What do you find to be the most challenging aspect of a career in translation?

Your response to this question could take any number of spins. You might reference the lifestyle associated with being an independent contractor, drastically different clients and needs from one project to the next, or adapting to unfamiliar terms and content. Whichever is true for you, be sure to frame your response using positive language. You want to ensure that your answers are solution- and growth-oriented, particularly when referencing challenging content.

Clara's Answer

"The most challenging aspect of a career in translation for me is actually the same thing that draws me in and keeps me in the field: texts with unfamiliar content and terminology. Of course, it is difficult to dive into a complex text that I don't understand, and it certainly takes me more time and effort to translate. That said, I value the learning I gain from such texts. It makes me a better translator and a more knowledgeable person in general, so I embrace the challenge."

2.

How familiar are you with regional variations on each language you speak?

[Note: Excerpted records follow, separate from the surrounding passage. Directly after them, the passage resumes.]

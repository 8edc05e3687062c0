-- ===== src/ChallengeLists.antt =====
-- services/core/src/modules/content/list.routes.ts: a user's own lists of challenges. `trim` is
-- JavaScript's.
pub mod Owned
use devops_lab.Prelude.{
  ℕ, Bool, true, false, ◌&&◌, ◌||◌, not, Option, none, some, String, List, string_eq, nat_eq, ◌==◌,
  is_some, if◌then◌else◌,
}
use devops_lab.Services.{Prisma}
use devops_lab.Core.Rows.{Challenge}

pub record ChallengeList : Type 0 where
  pub id : String
  pub user_id : String
  pub name : String
  pub is_public : Bool

pub record ListItem : Type 0 where
  pub list_id : String
  pub challenge_id : ℕ
  pub order : ℕ

pub record ListState (P : Prisma) : Type 0 where
  pub lists : P.Table ChallengeList
  pub items : P.Table ListItem
  pub challenges : P.Table Challenge

pub data ListError : Type 0 where
  unauthorized name_required duplicate_name list_not_found access_denied forbidden
        challenge_required challenge_not_found server_error :
      ListError

pub data ListReply : Type 0 where
  refused : ListError → ListReply
  created : ChallengeList → ListReply
  list_view : ChallengeList → List ListItem → ListReply
  done : ListReply

pub record CreateList : Type 0 where
  pub name : String
  pub is_public : Bool
  pub new_id : String
  pub written : Bool

abbrev pub is_list : String → ChallengeList → Bool
is_list id l = l.id == id

abbrev pub is_item_of : String → ListItem → Bool
is_item_of list_id i = i.list_id == list_id

abbrev pub is_item : String → ℕ → ListItem → Bool
is_item list_id challenge_id i = i.list_id == list_id && i.challenge_id == challenge_id

abbrev pub is_caller : Option String → String → Bool
is_caller none owner = false
is_caller (some u) owner = owner == u

module _ (P : Prisma) where
  -- POST /lists
  unfoldable pub create_list :
      (String → String) → CreateList → Option String → ListState P → ListState P × ListReply
  create_list trim q none s = (s, refused unauthorized)
  create_list trim q (some user_id) s =
      let name = trim q.name in
      let row : ChallengeList = record {
        id = q.new_id;
        user_id = user_id;
        name = name;
        is_public = q.is_public;
      } in
      if name == ""
      then (s, refused name_required)
      else (if is_some
            (P.find_first (λ (l : ChallengeList). l.user_id == user_id && l.name == name) s.lists)
          then (s, refused duplicate_name)
          else (if q.written
              then (record s { lists = P.create row s.lists }, created row)
              else (s, refused server_error)))

  -- GET /lists/:id; the caller is `none` without a token.
  unfoldable pub get_list : String → Option String → ListState P → ListReply
  get_list id current s = elim (P.find_first (is_list id) s.lists) [
    | none ↦ refused list_not_found
    | some l ↦
        if not l.is_public && not (is_caller current l.user_id)
        then refused access_denied
        else list_view l (P.find_many (is_item_of id) s.items)
  ]

  -- The beginning of a route that changes a list.
  abbrev pub owned_by :
      String
      → ListState P × ListReply
      → Option ChallengeList
      → ListState P
      → ListState P × ListReply
  owned_by user_id handled none s = (s, refused list_not_found)
  owned_by user_id handled (some l) s =
      if l.user_id == user_id then handled else (s, refused forbidden)

  abbrev pub for_owner :
      Option String → String → ListState P → ListState P × ListReply → ListState P × ListReply
  for_owner none list_id s handled = (s, refused unauthorized)
  for_owner (some user_id) list_id s handled =
      owned_by user_id handled (P.find_first (is_list list_id) s.lists) s

  -- The new item's order is the number of the items.
  abbrev pub put_item : String → ℕ → P.Table ListItem → P.Table ListItem
  put_item list_id challenge_id t =
      if is_some (P.find_first (is_item list_id challenge_id) t)
      then t
      else P.create
          (record {
            list_id = list_id;
            challenge_id = challenge_id;
            order = P.count_rows (is_item_of list_id) t;
          })
          t

  unfoldable pub add_to : String → ℕ → Bool → ListState P → ListState P × ListReply
  add_to list_id challenge_id written s =
      if is_some (P.find_first (λ (c : Challenge). c.id == challenge_id) s.challenges)
      then (if written
          then (record s { items = put_item list_id challenge_id s.items }, done)
          else (s, refused server_error))
      else (s, refused challenge_not_found)

  -- POST /lists/:id/items
  unfoldable pub add_item :
      Option String → String → Option ℕ → Bool → ListState P → ListState P × ListReply
  unfolding add_to
  add_item none list_id c written s = (s, refused unauthorized)
  add_item (some user_id) list_id none written s = (s, refused challenge_required)
  add_item (some user_id) list_id (some c) written s =
      for_owner (some user_id) list_id s (add_to list_id c written s)

  unfoldable pub remove_from : String → ℕ → Bool → ListState P → ListState P × ListReply
  remove_from list_id challenge_id written s =
      if written
      then (record s { items = P.delete_many (is_item list_id challenge_id) s.items }, done)
      else (s, refused server_error)

  -- DELETE /lists/:id/items/:challengeId
  unfoldable pub remove_item :
      Option String → String → ℕ → Bool → ListState P → ListState P × ListReply
  unfolding remove_from
  remove_item user list_id c written s = for_owner user list_id s (remove_from list_id c written s)

  -- The items go with their list.
  unfoldable pub drop_list : String → Bool → ListState P → ListState P × ListReply
  drop_list list_id written s =
      if written
      then (
        record s {
          lists = P.delete_many (is_list list_id) s.lists;
          items = P.delete_many (is_item_of list_id) s.items;
        },
        done,
      )
      else (s, refused server_error)

  -- DELETE /lists/:id
  unfoldable pub delete_list : Option String → String → Bool → ListState P → ListState P × ListReply
  unfolding drop_list
  delete_list user list_id written s = for_owner user list_id s (drop_list list_id written s)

Fluency in a language doesn't guarantee your ability to translate any text in that language, particularly when working with unfamiliar dialects and terminology. The interviewer is interested in how wide your reach might be. This question might also indicate that they need such a skillset on their team. Be prepared to be tested on this following your interview, so don't use this as an opportunity to over-fluff your abilities.

Clara's Answer

"The majority of my education, experience, and exposure is in French from France. That said, I am very familiar with several variations of French in Africa, including Morocco, Algeria, Democratic Republic of Congo, and Senegal. I am less familiar with Canadian French, though I am actively working on improving my understanding of it."

3.

What does your dream career as a translator look like?

Responding to this question will likely vary based on where you are in your career. If you are fresh on the scene, think about what steps you're taking now to get to where you want to be, then identify what that ultimate goal is. If you are seasoned in translation, then think of the trajectory you've had thus far, how close you are to that goal, and what might've changed for you along the way. Taking your interviewers on the journey with you, whether at the start facing ahead or looking back on all you've accomplished, will draw them in and better contextualize why your dream is your dream. Consider asking yourself what texts you hope to be translating, what clients you want to work with, what languages you'll be translating, and even where you will physically station yourself (i.e. working from home versus an office).

Clara's Answer

"Thus far, my career as a translator has primarily focused on building my client-base and gaining valuable experience contracting at various agencies. I believe that each step I've taken has been critical in my ability to be a successful translator and in getting me closer to my ultimate goal. I would say that my dream career includes being mobile, dividing my time between countries and continents. I would have my own client-base that keeps me busy and accept contract work as needed. I'd be translating between at least two language pairs as well. It's a lot to work towards, but that's the dream!"

4.

Where do you hope to see yourself in 5-10 years?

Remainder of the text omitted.